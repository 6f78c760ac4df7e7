-- ===== src/Examples/Http.antt =====
-- Requests over the store at a concrete history.
use fx_quotes.Prelude.{
  ℕ, ◌<◌, ◌≡◌, refl, ◌⊎◌, Bool, true, false, List, [], ◌∷◌, ◌++◌, Option, none, some, arith,
  if◌then◌else◌, ◌==◌, replicate, All,
}
use fx_quotes.Text.{Text, codes, text_eq, utf8, trim_prefix, hex_encode}
use fx_quotes.Text.Hex.{IsByte}
use fx_quotes.Entity.Pair.{parse_pair}
use fx_quotes.Entity.Pair.RoundTrip.{is_one_of}
use fx_quotes.Postgres.UpdateId.{new_update_id, set_byte, version_byte, variant_byte, slice}
use fx_quotes.Postgres.UpdateId.Shape.{new_update_id-is_uuid}
use fx_quotes.Postgres.Store.{same_pair}
use fx_quotes.Usecase.Commands.{idempotency_conflict}
use fx_quotes.Postgres.Worker.{StoreState}
use fx_quotes.Http.Request.{
  Request, Token, delim, string, eof, failed, Decoder, decode_pair, decode_name, decode_end,
  canonical_pair, is_uuid, visible_ascii, all_visible, hex_run,
}
use fx_quotes.Http.Dto.{UpdateDto}
use fx_quotes.Http.Response.{Response, healthy, update, write_json, write_error}
use fx_quotes.Http.Router.{get, post, update_prefix, updates_path}
use fx_quotes.Http.Handler.{
  Library, answered, key_of, create, get_update, serve_http, after_get_update,
}
use fx_quotes.Http.Admission.Outcome.{Outcome, create-Outcome}
use fx_quotes.Http.Middleware.{write_header, write, middleware}
use fx_quotes.Http.Middleware.Once.{statuses, middleware_once}
use fx_quotes.App.Api.Reads.{postgres_handler, Served, get_update-Served}
use fx_quotes.App.Api.Rows.{ShowsRow}
use fx_quotes.App.Api.Retries.{IsPost, create-existing}
use fx_quotes.App.Api.Follow.{create-then_get}
use fx_quotes.Postgres.Steps.{empty_db}
use fx_quotes.Postgres.Invariant.{run-empty-Inv}
use fx_quotes.Examples.Entity.{pad_numeric}
use fx_quotes.Examples.ReadBack.{first_update, created_db, first_update-created}
use fx_quotes.App.Api.Locations.{serve_http-new_update_id}
use fx_quotes.Examples.World.{limits, first_id, pair, creating}
use fx_quotes.Examples.Worker.{env, policy}
use fx_quotes.Examples.Postgres.{
  waiting_db, waiting_db-Inv, waiting_row, waiting_row-In, waiting_update, waiting_row-scanned,
  create_io-IsHealthy,
}

abbrev next_token : List Token → List Token × Token
next_token [] = ([], eof)
next_token (t ∷ ts) = (ts, t)

abbrev has_more : List Token → Bool
has_more [] = false
has_more (delim c ∷ ts) = if c == b'}' then false else true
has_more (_ ∷ ts) = true

abbrev next_string : List Token → List Token × Option Text
next_string (string s ∷ ts) = (ts, some s)
next_string ts = (ts, none)

abbrev posted_tokens : List Token
posted_tokens = delim b'{' ∷ string (codes "pair") ∷ string (codes "USD/EUR") ∷ delim b'}' ∷ []

abbrev posted_body : List ℕ
posted_body = codes "{\"pair\":\"USD/EUR\"}"

-- A decoder that reads one body.
abbrev json : Decoder (List Token)
json = record {
  start = λ body. if text_eq body posted_body then posted_tokens else failed ∷ [];
  token = next_token;
  more = has_more;
  decode_string = next_string;
}

abbrev library : Library (List Token)
library = record {
  media_type = λ t. some t;
  query = λ t. some [];
  json = json;
  formats = record {
    date_only = λ d. codes "2024-10-04";
    rfc3339_nano = λ t. codes "2024-10-04T00:00:00Z";
  };
  openapi = codes "openapi: 3.1.0";
}

abbrev posted : Request
posted = record {
  method = post;
  path = updates_path;
  raw_query = [];
  content_types = codes "application/json" ∷ [];
  idempotency_keys = codes "key" ∷ [];
  request_ids = codes "r-1" ∷ [];
  body = posted_body;
  body_fails = false;
}

abbrev got : Text → Request
got id = record {
  method = get;
  path = update_prefix ++ id;
  raw_query = [];
  content_types = [];
  idempotency_keys = [];
  request_ids = [];
  body = [];
  body_fails = false;
}

abbrev state : StoreState
state = record { db = waiting_db; batch = 100 }

posted-IsPost : IsPost library posted pair (codes "key")
unfolding decode_pair decode_name decode_end canonical_pair key_of visible_ascii all_visible utf8
    text_eq parse_pair is_one_of
posted-IsPost = record {
  media = refl;
  one_type = refl;
  small = omega arith;
  whole = refl;
  decoded = refl;
  keyed = refl;
}

abbrev random_bytes : List ℕ
random_bytes = replicate 16 171

random_bytes-All : All IsByte random_bytes
random_bytes-All = omega arith

new_update_id-is_uuid_example :
    (id : Text) × (new_update_id (some random_bytes) ≡ some id) × (is_uuid id ≡ true)
new_update_id-is_uuid_example = new_update_id-is_uuid random_bytes refl random_bytes-All

middleware_once_example :
    let out =
      middleware posted random_bytes
        (write_header 202 ∷ write_header 500 ∷ write healthy ∷ [])
        true in
    (statuses out.0 ≡ (if out.1.status == 0 then [] else out.1.status ∷ []))
    × ((true ≡ false) ⊎ (0 < out.1.status))
    × (visible_ascii out.1.request_id ≡ true)
middleware_once_example =
    middleware_once posted random_bytes (write_header 202 ∷ write_header 500 ∷ write healthy ∷ [])
      true refl random_bytes-All (omega arith, (omega arith, (tt, tt)))

create-Outcome_example :
    let h = postgres_handler library limits policy env none none in
    Outcome library h posted state (create library h posted state)
create-Outcome_example =
    create-Outcome library (postgres_handler library limits policy env none none) posted state

get_update-Served_example :
    let id = trim_prefix update_prefix (got first_id).path in
    let out =
      get_update library
        (postgres_handler library limits policy env none none)
        (got first_id)
        state in
    (out.0 ≡ state)
    × ((response : Response) × (out.1 ≡ answered response)
        × Served library.formats none id (env.scan_uuid id) waiting_db response)
get_update-Served_example =
    get_update-Served library limits policy env none none (got first_id) state waiting_db-Inv

create-existing_example :
    (dto : UpdateDto) × ShowsRow library.formats waiting_row dto
    × (create library (postgres_handler library limits policy env none none) posted state ≡ (
      state,
      answered (
          if same_pair pair pair
          then write_json 200 ((codes "Location", update_prefix ++ first_id) ∷ []) (update dto)
          else write_error idempotency_conflict),
    ))
create-existing_example =
    create-existing library limits policy env none none posted pair (codes "key") state waiting_row
      waiting_update posted-IsPost create_io-IsHealthy waiting_db-Inv waiting_row-In refl
      waiting_row-scanned

abbrev random_id : Text
random_id = codes "abababab-abab-4bab-abab-abababababab"

random_id-made : new_update_id (some random_bytes) ≡ some random_id
unfolding new_update_id set_byte version_byte variant_byte slice hex_encode
random_id-made = refl

serve_http-new_update_id_example :
    let h = postgres_handler library limits policy env none none in
    serve_http library h (got random_id) state
    ≡ after_get_update library h (h.service.get_update random_id state)
serve_http-new_update_id_example =
    serve_http-new_update_id library (postgres_handler library limits policy env none none)
      random_bytes random_id (got random_id) state refl random_bytes-All random_id-made refl refl

create-then_get_example :
    let h = postgres_handler library limits policy env none none in
    let before : StoreState = record { db = empty_db; batch = 100 } in
    let after : StoreState = record { db = created_db; batch = 100 } in
    (dto : UpdateDto) × (create library h posted before ≡ (
      after,
      answered (write_json 202 ((codes "Location", update_prefix ++ first_id) ∷ []) (update dto)),
    ))
    × (serve_http library h (got first_id) after
        ≡ (after, answered (write_json 200 [] (update dto))))
unfolding is_uuid hex_run
create-then_get_example =
    create-then_get library limits policy env none posted (got first_id) pair (codes "key")
      (record { db = empty_db; batch = 100 }) created_db first_update true posted-IsPost
      first_update-created (run-empty-Inv pad_numeric limits (creating ∷ [])) refl refl refl refl
      refl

# # #

# [REQUIRED ACTION]
What are the lines above, starting at the one with "abbrev library : Library (List Token)" and ending at the one with "(id : Text)"? Give them again exactly, and only them.

# [EXERCISE OUTPUT]
abbrev library : Library (List Token)
library = record {
  media_type = λ t. some t;
  query = λ t. some [];
  json = json;
  formats = record {
    date_only = λ d. codes "2024-10-04";
    rfc3339_nano = λ t. codes "2024-10-04T00:00:00Z";
  };
  openapi = codes "openapi: 3.1.0";
}

abbrev posted : Request
posted = record {
  method = post;
  path = updates_path;
  raw_query = [];
  content_types = codes "application/json" ∷ [];
  idempotency_keys = codes "key" ∷ [];
  request_ids = codes "r-1" ∷ [];
  body = posted_body;
  body_fails = false;
}

abbrev got : Text → Request
got id = record {
  method = get;
  path = update_prefix ++ id;
  raw_query = [];
  content_types = [];
  idempotency_keys = [];
  request_ids = [];
  body = [];
  body_fails = false;
}

abbrev state : StoreState
state = record { db = waiting_db; batch = 100 }

posted-IsPost : IsPost library posted pair (codes "key")
unfolding decode_pair decode_name decode_end canonical_pair key_of visible_ascii all_visible utf8
    text_eq parse_pair is_one_of
posted-IsPost = record {
  media = refl;
  one_type = refl;
  small = omega arith;
  whole = refl;
  decoded = refl;
  keyed = refl;
}

abbrev random_bytes : List ℕ
random_bytes = replicate 16 171

random_bytes-All : All IsByte random_bytes
random_bytes-All = omega arith

new_update_id-is_uuid_example :
    (id : Text) × (new_update_id (some random_bytes) ≡ some id) × (is_uuid id ≡ true)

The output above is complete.